Murder On The Orient Express | Movie Review

I am a HUGE Agatha Christie fan. I don’t have to say it but her style of writing is unparalleled. There has been no one in history so far who has been able to build mysteries and solve them as well as she has been able to. And to think that she did this with an array of eccentric detectives? It’s something that places her out of reach of any limit. Indeed, she is as limitless as limitless can get.

I also like to think that I landed a job because of her, so that makes her all the more special for me. The interviewer, on seeing ‘reading’ among my hobbies, asked me who my favorite author was. And I immediately took Agatha Christie’s name. Murder on the Orient Express remained at the top of my list for ages to come. Until, The Murder of Roger Ackroyd happened, that is. But that’s beside the point.

When the film adaptation of Murder on the Orient Express was announced, I saw it had an impressive star cast. Johnny Depp, Michelle Pfeiffer, Dame Judi Dench, Daisy Ridley, Penelope Cruz, Josh Gad, Leslie Odom Jr., Willem Dafoe… Phew! But the most important of all, that of eccentric Belgian detective, Hercule Poirot was going to be played by Kenneth Branagh, who would also direct the movie.

I was mightily disappointed, because Poirot is supposed to have an egg-shaped head. He’s supposed to be someone whose misery, when is as well-written as Agatha Christie writes it, becomes comic to the reader. He’s supposed to be quaint, weird, strange. I didn’t think Branagh was the best bet to play Poirot. But then again, he is an Academy Award nominated, critically acclaimed actor and director. So pretty reluctantly, I did give him the benefit of the doubt. [Look at me, acting all high and mighty.]

When we decided to watch Murder on the Orient Express, I was excited because one of my favorite novels was going to come to life on screen. Yes, there was an undercurrent of my displeasure with Poirot, and there was also the nagging feeling of truth that most bookworms experience. “It will never be better than the book.”

Of course, no movie (bar a rare few) has been better or even matched up to the book it has been based on.
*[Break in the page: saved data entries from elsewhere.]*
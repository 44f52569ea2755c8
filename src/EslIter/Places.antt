-- ===== src/EslIter/Places.antt =====
-- src/esl-iter.c: what the fields of a signature list in memory hold, and its entries.
use native.Mathlib.Nat.{mul-le-mul_left}
use efivar.Common.{
  ℕ, ◌+◌, ◌*◌, ◌^◌, ◌<◌, ◌≡◌, refl, ◌∙◌, ap, sym, subst, ◌-◌, false, List, [], ◌∷◌, ◌++◌, length,
  All, arith, length-append, append_assoc, append-nil,
}
use efivar.Common.Outcome.{ok}
use efivar.Common.Memory.{
  le_bytes, length-le_bytes, load, load_le, concat, load-block, concat-append, load_le-block,
  length-concat,
}
use efivar.EslIter.{is_zero}
use efivar.EslIter.Layout.{
  Signature, SigList, Holds, list_size, IsSigList, sig_blocks, blocks, length-sig_blocks,
  sig_blocks-append, All-split, is_zero-append, le_bytes-not_zero,
}

-- A list behind some bytes, and what follows.
module _ (l : SigList) (h : IsSigList l) (before : List ℕ) (back : List (List ℕ)) where
  abbrev pub memory : List ℕ
  memory = concat (before ∷ blocks l back)

  abbrev f1 : List ℕ
  f1 = le_bytes 4 (list_size l)

  abbrev f2 : List ℕ
  f2 = le_bytes 4 (length l.header)

  abbrev f3 : List ℕ
  f3 = le_bytes 4 l.sig_size

  size_facts : (length f1 ≡ 4) × (length f2 ≡ 4) × (length f3 ≡ 4)
  size_facts = (
    length-le_bytes 4 (list_size l),
    length-le_bytes 4 (length l.header),
    length-le_bytes 4 l.sig_size,
  )

  pub load-type : load (length before) 16 memory ≡ ok l.type
  unfolding blocks
  load-type =
      load-block (length before) 16 (before ∷ []) l.type _
        (omega (arith, length-concat (before ∷ []))) (omega (arith, h.type_size))

  pub load-list_size : load_le (length before + 16) 4 memory ≡ ok (list_size l)
  unfolding blocks
  load-list_size =
      load_le-block (length before + 16) 4 (before ∷ l.type ∷ []) (list_size l) _
        (omega (arith, h.type_size, length-concat (before ∷ l.type ∷ []))) (omega (arith, h.fits))

  pub load-header_size : load_le (length before + 20) 4 memory ≡ ok (length l.header)
  unfolding blocks
  load-header_size =
      load_le-block (length before + 20) 4 (before ∷ l.type ∷ f1 ∷ []) (length l.header) _
        (omega (arith, size_facts, h.type_size, length-concat (before ∷ l.type ∷ f1 ∷ [])))
        (omega (arith, h.fits))

  pub sig_size_fits : l.sig_size < 2 ^ 32
  sig_size_fits = omega (
    arith,
    h.fits,
    mul-le-mul_left {m = 1} {n = length l.entries} l.sig_size (omega (arith, h.some_entry)),
  )

  pub load-sig_size : load_le (length before + 24) 4 memory ≡ ok l.sig_size
  unfolding blocks
  load-sig_size =
      load_le-block (length before + 24) 4 (before ∷ l.type ∷ f1 ∷ f2 ∷ []) l.sig_size _
        (omega (arith, size_facts, h.type_size, length-concat (before ∷ l.type ∷ f1 ∷ f2 ∷ [])))
        (omega (arith, sig_size_fits))

  abbrev head : List ℕ
  head = l.type ++ (f1 ++ (f2 ++ f3))

  length-head : length head ≡ 28
  length-head = omega (
    arith,
    size_facts,
    h.type_size,
    length-append l.type (f1 ++ (f2 ++ f3)),
    length-append f1 (f2 ++ f3),
    length-append f2 f3,
  )

  one_head : memory ≡ concat (before ∷ head ∷ l.header ∷ (sig_blocks l.entries ++ back))
  unfolding blocks concat
  one_head = simp (append_assoc) refl

  pub load-head : load (length before) 28 memory ≡ ok head
  load-head = rw one_head (
      load-block (length before) 28 (before ∷ []) head _
        (omega (arith, length-concat (before ∷ []))) (omega (arith, length-head)))

  pub is_zero-head : is_zero head ≡ false
  is_zero-head = ground (
    arith,
    is_zero-append l.type (f1 ++ (f2 ++ f3)),
    is_zero-append f1 (f2 ++ f3),
    le_bytes-not_zero 4 (list_size l) (omega (arith, h.fits)) (omega arith),
  )

  -- What lies behind the sizes and the header of the list.
  pub length-start :
      length (concat (before ∷ l.type ∷ f1 ∷ f2 ∷ f3 ∷ l.header ∷ []))
      ≡ length before + (28 + length l.header)
  length-start = omega (
    arith,
    size_facts,
    h.type_size,
    length-concat (before ∷ l.type ∷ f1 ∷ f2 ∷ f3 ∷ l.header ∷ []),
  )

  pub length-list : length (concat (blocks l back)) ≡ list_size l + length (concat back)
  unfolding blocks
  length-list = omega (
    arith,
    size_facts,
    h.type_size,
    length-concat (l.type ∷ f1 ∷ f2 ∷ f3 ∷ l.header ∷ (sig_blocks l.entries ++ back)),
    length-concat (sig_blocks l.entries ++ back),
    ap length (concat-append (sig_blocks l.entries) back),
    length-append (concat (sig_blocks l.entries)) (concat back),
    length-sig_blocks l.sig_size l.entries h.entry_sizes,
  )

  -- An entry of the list, behind others.
  module _ (pre : List Signature) (s : Signature) (post : List Signature)
      (cut : l.entries ≡ pre ++ (s ∷ post)) where
    abbrev pub esd : ℕ
    esd = length before + (28 + length l.header) + l.sig_size * length pre

    abbrev in_front : List (List ℕ)
    in_front = before ∷ l.type ∷ f1 ∷ f2 ∷ f3 ∷ l.header ∷ sig_blocks pre

    cut_tail :
        sig_blocks l.entries ++ back
        ≡ sig_blocks pre ++ (s.owner ∷ s.contents ∷ (sig_blocks post ++ back))
    unfolding sig_blocks
    cut_tail =
        ap (λ (e : List Signature). sig_blocks e ++ back) cut
        ∙ ap (λ (b : List (List ℕ)). b ++ back) (sig_blocks-append pre (s ∷ post))
        ∙ append_assoc (sig_blocks pre) (s.owner ∷ s.contents ∷ sig_blocks post) back

    cut_memory : memory ≡ concat (in_front ++ (s.owner ∷ s.contents ∷ (sig_blocks post ++ back)))
    unfolding blocks
    cut_memory =
        ap (λ (t : List (List ℕ)). concat (before ∷ l.type ∷ f1 ∷ f2 ∷ f3 ∷ l.header ∷ t)) cut_tail

    pub sizes : All (Holds l.sig_size) pre × Holds l.sig_size s
    sizes =
        All-split (Holds l.sig_size) pre s post (subst (All (Holds l.sig_size)) cut h.entry_sizes)

    length-in_front : length (concat in_front) ≡ esd
    length-in_front = omega (
      arith,
      size_facts,
      h.type_size,
      length-concat in_front,
      length-concat (sig_blocks pre),
      length-sig_blocks l.sig_size pre sizes.0,
    )

    pub load-owner : load esd 16 memory ≡ ok s.owner
    load-owner =
        subst (λ (m : List ℕ). load esd 16 m ≡ ok s.owner) (sym cut_memory)
          (load-block esd 16 in_front s.owner _ (omega (arith, length-in_front))
            (omega (arith, sizes.1)))

    after_owner : esd + 16 ≡ length (concat (in_front ++ (s.owner ∷ [])))
    after_owner = omega (
      arith,
      ap length (concat-append in_front (s.owner ∷ [])),
      length-append (concat in_front) (concat (s.owner ∷ [])),
      length-concat (s.owner ∷ []),
      length-in_front,
      sizes.1,
    )

    pub load-contents : load (esd + 16) (l.sig_size - 16) memory ≡ ok s.contents
    load-contents =
        subst (λ (m : List ℕ). load (esd + 16) (l.sig_size - 16) m ≡ ok s.contents)
          (ap concat (append_assoc in_front (s.owner ∷ []) (s.contents ∷ (sig_blocks post ++ back)))
            ∙ sym cut_memory)
          (load-block (esd + 16) (l.sig_size - 16) (in_front ++ (s.owner ∷ [])) s.contents _
            after_owner (omega (arith, sizes.1)))

-- The bytes of a list and those behind it.
blocks-split : (l : SigList) (back : List (List ℕ)) → blocks l back ≡ blocks l [] ++ back
unfolding blocks
blocks-split l back =
    ap
      (λ (t : List (List ℕ)).
        l.type
        ∷ le_bytes 4 (list_size l)
        ∷ le_bytes 4 (length l.header)
        ∷ le_bytes 4 l.sig_size
        ∷ l.header
        ∷ t)
      (ap (λ (t : List (List ℕ)). t ++ back) (sym (append-nil (sig_blocks l.entries))))

module _ (l : SigList) (h : IsSigList l) (before : List ℕ) where
  pub with_list : List ℕ
  with_list = concat (before ∷ blocks l [])

  pub length-with_list : length with_list ≡ length before + list_size l
  unfolding with_list concat
  length-with_list =
      omega (arith, length-append before (concat (blocks l [])), length-list l h before [])

  pub shift-memory :
      (back : List (List ℕ)) → concat (before ∷ blocks l back) ≡ concat (with_list ∷ back)
  unfolding with_list concat
  shift-memory back =
      ap (λ (t : List (List ℕ)). before ++ concat t) (blocks-split l back)
      ∙ ap (λ (t : List ℕ). before ++ t) (concat-append (blocks l []) back)
      ∙ sym (append_assoc before (concat (blocks l [])) (concat back))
And Murder on the Orient Express is no different.

Even though Kenneth Branagh’s Hercule Poirot has many of the quirks that his creator intended him to have, there is not the overall eccentricity that is expected of him. Yes, he is supposed to be smug. Yes, he is supposed to be particular about certain details. But there’s just something about the genius of Kenneth Branagh that still falls short. While in his other movies, you cannot separate the character from the actor, here, in Murder on the Orient Express, you can tell that he is trying hard. And yet, he doesn’t quite live up to Poirot.

Michelle Pfeiffer, on the other hand, does a wonderful job as Mrs. Hubbard. She is equal parts ruffled and equal parts the siren that she somehow wants people to see her as. Penelope Cruz also deserves a special mention when compared with the other cast members. The others haven’t done a bad job. It is just that in the entirety of Murder on the Orient Express, there are just two that stand out.

My complaint with Kenneth Branagh’s Poirot is because I am an Agatha Christie fan. And when on the whole, the movie isn’t as engaging, I also become a stickler for detail. If you ask me years from now whether I liked Murder on the Orient Express, I’ll still maintain that the book is better than the movie. The movie might then be relegated to one of those that I wouldn’t care much about. And that’s a shame.

They could have done a better job with the length of the movie, the first 20 minutes could have been just five. But they didn’t. They could have made Poirot look like he’s supposed to look. But they didn’t. They could have made the screenplay crisper than it now looks. But they didn’t.

And it is these “buts” that pull my opinion of Murder on the Orient Express further downwards to a mere 3 stars.